Reform Outcomes — Comparative Perspective
India vs China: China started market reforms in 1978 under Deng Xiaoping, giving it a 13-year head start. China's manufacturing share of GDP stands at 28% versus India's 17%. China's FDI stock is $3.5 trillion versus India's $600 billion. China became the "factory of the world" through SEZs and FDI-led export manufacturing; India became the "back office of the world" through IT services. China invested heavily in infrastructure while India's infrastructure deficit remains significant. China's authoritarian system allows decisive reforms; India's democratic process is slower but more legitimate. Both face middle-income trap risks — China at $12,000 per capita, India at $2,500. India vs Russia: Russia adopted "Big Bang" shock therapy in 1992 — rapid privatisation, price liberalisation, free trade. The result was oligarchic capture, a 40% GDP collapse (1990-98), mass poverty, and soaring inequality.

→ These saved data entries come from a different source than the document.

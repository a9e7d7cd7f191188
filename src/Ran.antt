-- ===== src/Ran.antt =====
-- Calls that may not return: abort and p_exit, which the whole program calls, and reads and writes
-- outside an array.
use mathlib.Core.Path.{◌≡◌, refl}
use freenote_probe.Base.{Bool, true, false, if◌then◌else◌}

-- How a call ends: it returns, it calls abort or p_exit, or it reads or writes outside a string or
-- array; or it still waits for the world outside.
pub data Ran {ℓ} (A : Type ℓ) : Type ℓ where
  returns : A → Ran A
  aborts exits faults waits : Ran A

infixl 5 ◌>>=◌
abbrev pub ◌>>=◌ {ℓ κ} : {A : Type ℓ} {B : Type κ} → Ran A → (A → Ran B) → Ran B
returns a >>= f = f a
aborts >>= f = aborts
exits >>= f = exits
faults >>= f = faults
waits >>= f = waits

-- What holds of the result of every call that returns.
abbrev pub Always {ℓ κ} : {A : Type ℓ} → (A → Type κ) → Ran A → Type κ
Always P (returns a) = P a
Always P aborts = Unit
Always P exits = Unit
Always P faults = Unit
Always P waits = Unit

pub Always->>= {ℓ κ μ ν} :
    {A : Type ℓ} {B : Type κ} (P : A → Type μ) (Q : B → Type ν) (m : Ran A) (f : A → Ran B)
    → Always P m
    → ((a : A) → P a → Always Q (f a))
    → Always Q (m >>= f)
Always->>= P Q (returns a) f h g = g a h
Always->>= P Q aborts f h g = tt
Always->>= P Q exits f h g = tt
Always->>= P Q faults f h g = tt
Always->>= P Q waits f h g = tt

pub Always-weaken {ℓ κ μ} :
    {A : Type ℓ} (P : A → Type κ) (Q : A → Type μ) (m : Ran A)
    → Always P m
    → ((a : A) → P a → Q a)
    → Always Q m
Always-weaken P Q (returns a) h g = g a h
Always-weaken P Q aborts h g = tt
Always-weaken P Q exits h g = tt
Always-weaken P Q faults h g = tt
Always-weaken P Q waits h g = tt

-- Where nothing needs to be known of the first call.
pub Always-then {ℓ κ μ} :
    {A : Type ℓ} {B : Type κ} (Q : B → Type μ) (m : Ran A) (f : A → Ran B)
    → ((a : A) → Always Q (f a))
    → Always Q (m >>= f)
Always-then Q (returns a) f g = g a
Always-then Q aborts f g = tt
Always-then Q exits f g = tt
Always-then Q faults f g = tt
Always-then Q waits f g = tt

-- Two ways to go on that agree on every result.
pub bind-same {ℓ κ} :
    {A : Type ℓ} {B : Type κ} (m : Ran A) (f g : A → Ran B)
    → ((a : A) → f a ≡ g a)
    → (m >>= f) ≡ (m >>= g)
bind-same (returns a) f g h = h a
bind-same aborts f g h = refl
bind-same exits f g h = refl
bind-same faults f g h = refl
bind-same waits f g h = refl

pub Always-if {ℓ κ} :
    {A : Type ℓ} (P : A → Type κ) (b : Bool) (m n : Ran A)
    → Always P m
    → Always P n
    → Always P (if b then m else n)
Always-if P true m n h k = h
Always-if P false m n h k = k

India's gradualist approach avoided these extremes. India vs East Asia (South Korea, Taiwan, Singapore): These economies industrialised through export-oriented manufacturing, 35-40% savings rates, massive human capital investment, and strategic industrial policy. India's savings rate peaked at 36.8% (2007-08) but declined to 30% — lower capital formation constrains growth potential. Exams compare India's reform trajectory with China and East Asia.
Relevant Exams
LPG reforms are one of the most important economics topics. UPSC tests the background (1991 crisis), specific reforms, and their impact. SSC exams ask about the year, key personalities, and what was abolished/reformed. Banking exams test financial sector reforms and FDI liberalisation. Current affairs questions on second-generation reforms and PLI schemes are common.